* [What is needed]:
The response must contain every line from the records below that has "with".

* [Information shown]:
__________________________________________________
-- ===== src/Agent/Auth/Invariant.antt =====
-- What holds of the state after any calls of the methods.
use mu5250_open_ui.Base.{
  ℕ, ◌+◌, ◌≤◌, ◌≡◌, refl, Option, List, [], ◌∷◌, length, arith, Bool-cases, inl, inr,
}
use mu5250_open_ui.Base.Strings.{IsMap, remove-IsMap, retain-IsMap, insert-IsMap}
use mu5250_open_ui.Agent.Auth
use mu5250_open_ui.Agent.Auth.{
  AuthState, Token, LoginResult, Outside, Gate, refused, passed, CredentialKind, lockout_gate,
  login_gate, login_against, is_stored, iterated_hash, is_recent, record_failed_login,
  clear_failures, live_tokens, slide, validate_pin, max_tokens,
}
use mu5250_open_ui.Agent.Auth.Attempts.{gate-cases}
use mu5250_open_ui.Agent.Auth.Sessions.{length-push_token, length-live_tokens}

-- The methods of `AuthState` with their arguments.
pub data Call : Type 0 where
  login_password login_pin : Outside → List ℕ → List ℕ → Call
  set_password set_pin : List ℕ → Call
  validate : ℕ → List ℕ → Call

-- At most ten sessions, and one row for each client.
pub record IsValid (s : AuthState) : Type 0 where
  pub sessions : length s.tokens ≤ max_tokens
  pub rows : IsMap s.failed_logins

record_failed_login-IsValid :
    (ip : List ℕ) (now : ℕ) (s : AuthState) → IsValid s → IsValid (record_failed_login ip now s)
unfolding record_failed_login
record_failed_login-IsValid ip now s v = record {
  sessions = v.sessions;
  rows = insert-IsMap ip _ _ (retain-IsMap (is_recent now) s.failed_logins v.rows);
}

length-slide : (value : List ℕ) (e : ℕ) (ts : List Token) → length (slide value e ts).0 ≡ length ts
unfolding slide
length-slide value e [] = refl
length-slide value e (t ∷ ts) = ground (arith, length-slide value e ts)

validate-IsValid :
    (now : ℕ) (value : List ℕ) (s : AuthState) → IsValid s → IsValid (Auth.validate now value s).0
unfolding Auth.validate
validate-IsValid now value s v = record {
  sessions = omega (
    arith,
    v.sessions,
    length-slide value (now + Auth.token_ttl) (live_tokens now s.tokens),
    length-live_tokens now s.tokens,
  );
  rows = v.rows;
}

module _ (sha256 : List ℕ → List ℕ) where
  module _ (o : Outside) (credential : List ℕ) (stored : Option (List ℕ)) (ip : List ℕ)
      (kind : CredentialKind) where
    gate-IsValid :
        (s' s : AuthState)
        → IsValid s'
        → IsValid (login_gate sha256 o credential stored ip kind (passed s') s).0
    unfolding login_gate
    gate-IsValid s' s v =
        elim (Bool-cases (is_stored stored (iterated_hash sha256 s'.salt credential))) [
          | inl right ↦ rw right (record {
            sessions = length-push_token o.instant _ s'.tokens v.sessions;
            rows = remove-IsMap ip s'.failed_logins v.rows;
          })
          | inr wrong ↦ rw wrong (record_failed_login-IsValid ip o.epoch s' v)
        ]

    login_against-IsValid :
        (s : AuthState) → IsValid s → IsValid (login_against sha256 o credential stored ip kind s).0
    unfolding login_against
    login_against-IsValid s v = elim (gate-cases ip o.epoch s) [
      | inl (n, shut) ↦ rw shut (unfold login_gate in v)
      | inr (inl unlocked) ↦ rw unlocked (gate-IsValid s s v)
      | inr (inr lapsed) ↦ rw lapsed (
          gate-IsValid (clear_failures ip s) s
            (record { sessions = v.sessions; rows = remove-IsMap ip s.failed_logins v.rows }))
    ]

  login_pin-IsValid :
      (o : Outside) (c ip : List ℕ) (s : AuthState)
      → IsValid s
      → IsValid (Auth.login_pin sha256 o c ip s).0
  unfolding Auth.login_pin
  login_pin-IsValid o c ip s v = elim (Bool-cases (validate_pin c)) [
    | inl good ↦ rw good (login_against-IsValid o c s.pin_hash ip CredentialKind.pin s v)
    | inr bad ↦ rw bad (record_failed_login-IsValid ip o.epoch s v)
  ]

  set_pin-IsValid : (c : List ℕ) (s : AuthState) → IsValid s → IsValid (Auth.set_pin sha256 c s).0
  unfolding Auth.set_pin
  set_pin-IsValid c s v = elim (Bool-cases (validate_pin c)) [
    | inl good ↦ rw good (record { sessions = v.sessions; rows = v.rows })
    | inr bad ↦ rw bad v
  ]

  -- The state after one call.
  pub after_call : Call → AuthState → AuthState
  after_call (Call.login_password o c ip) s = (Auth.login_password sha256 o c ip s).0
  after_call (Call.login_pin o c ip) s = (Auth.login_pin sha256 o c ip s).0
  after_call (Call.set_password c) s = Auth.set_password sha256 c s
  after_call (Call.set_pin c) s = (Auth.set_pin sha256 c s).0
  after_call (Call.validate now value) s = (Auth.validate now value s).0

  pub after_calls : List Call → AuthState → AuthState
  after_calls [] s = s
  after_calls (c ∷ cs) s = after_calls cs (after_call c s)

  after_call-IsValid : (c : Call) (s : AuthState) → IsValid s → IsValid (after_call c s)
  unfolding after_call
  after_call-IsValid (Call.login_password o c ip) s v =
      unfold Auth.login_password in
      login_against-IsValid o c s.password_hash ip CredentialKind.password s v
  after_call-IsValid (Call.login_pin o c ip) s v = login_pin-IsValid o c ip s v
  after_call-IsValid (Call.set_password c) s v =
      unfold Auth.set_password in record { sessions = v.sessions; rows = v.rows }
  after_call-IsValid (Call.set_pin c) s v = set_pin-IsValid c s v
  after_call-IsValid (Call.validate now value) s v = validate-IsValid now value s v

  -- However often and in whatever order the methods are called, from a state with at most ten
  -- sessions and one row for each client there are never more than ten sessions, nor two rows for
  -- one client.
  pub after_calls-IsValid :
      (calls : List Call) (s : AuthState) → IsValid s → IsValid (after_calls calls s)
  unfolding after_calls
  after_calls-IsValid [] s v = v
  after_calls-IsValid (c ∷ cs) s v =
      after_calls-IsValid cs (after_call c s) (after_call-IsValid c s v)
__________________________________________________
* [Result of the exercise]:
-- The methods of `AuthState` with their arguments.
  -- However often and in whatever order the methods are called, from a state with at most ten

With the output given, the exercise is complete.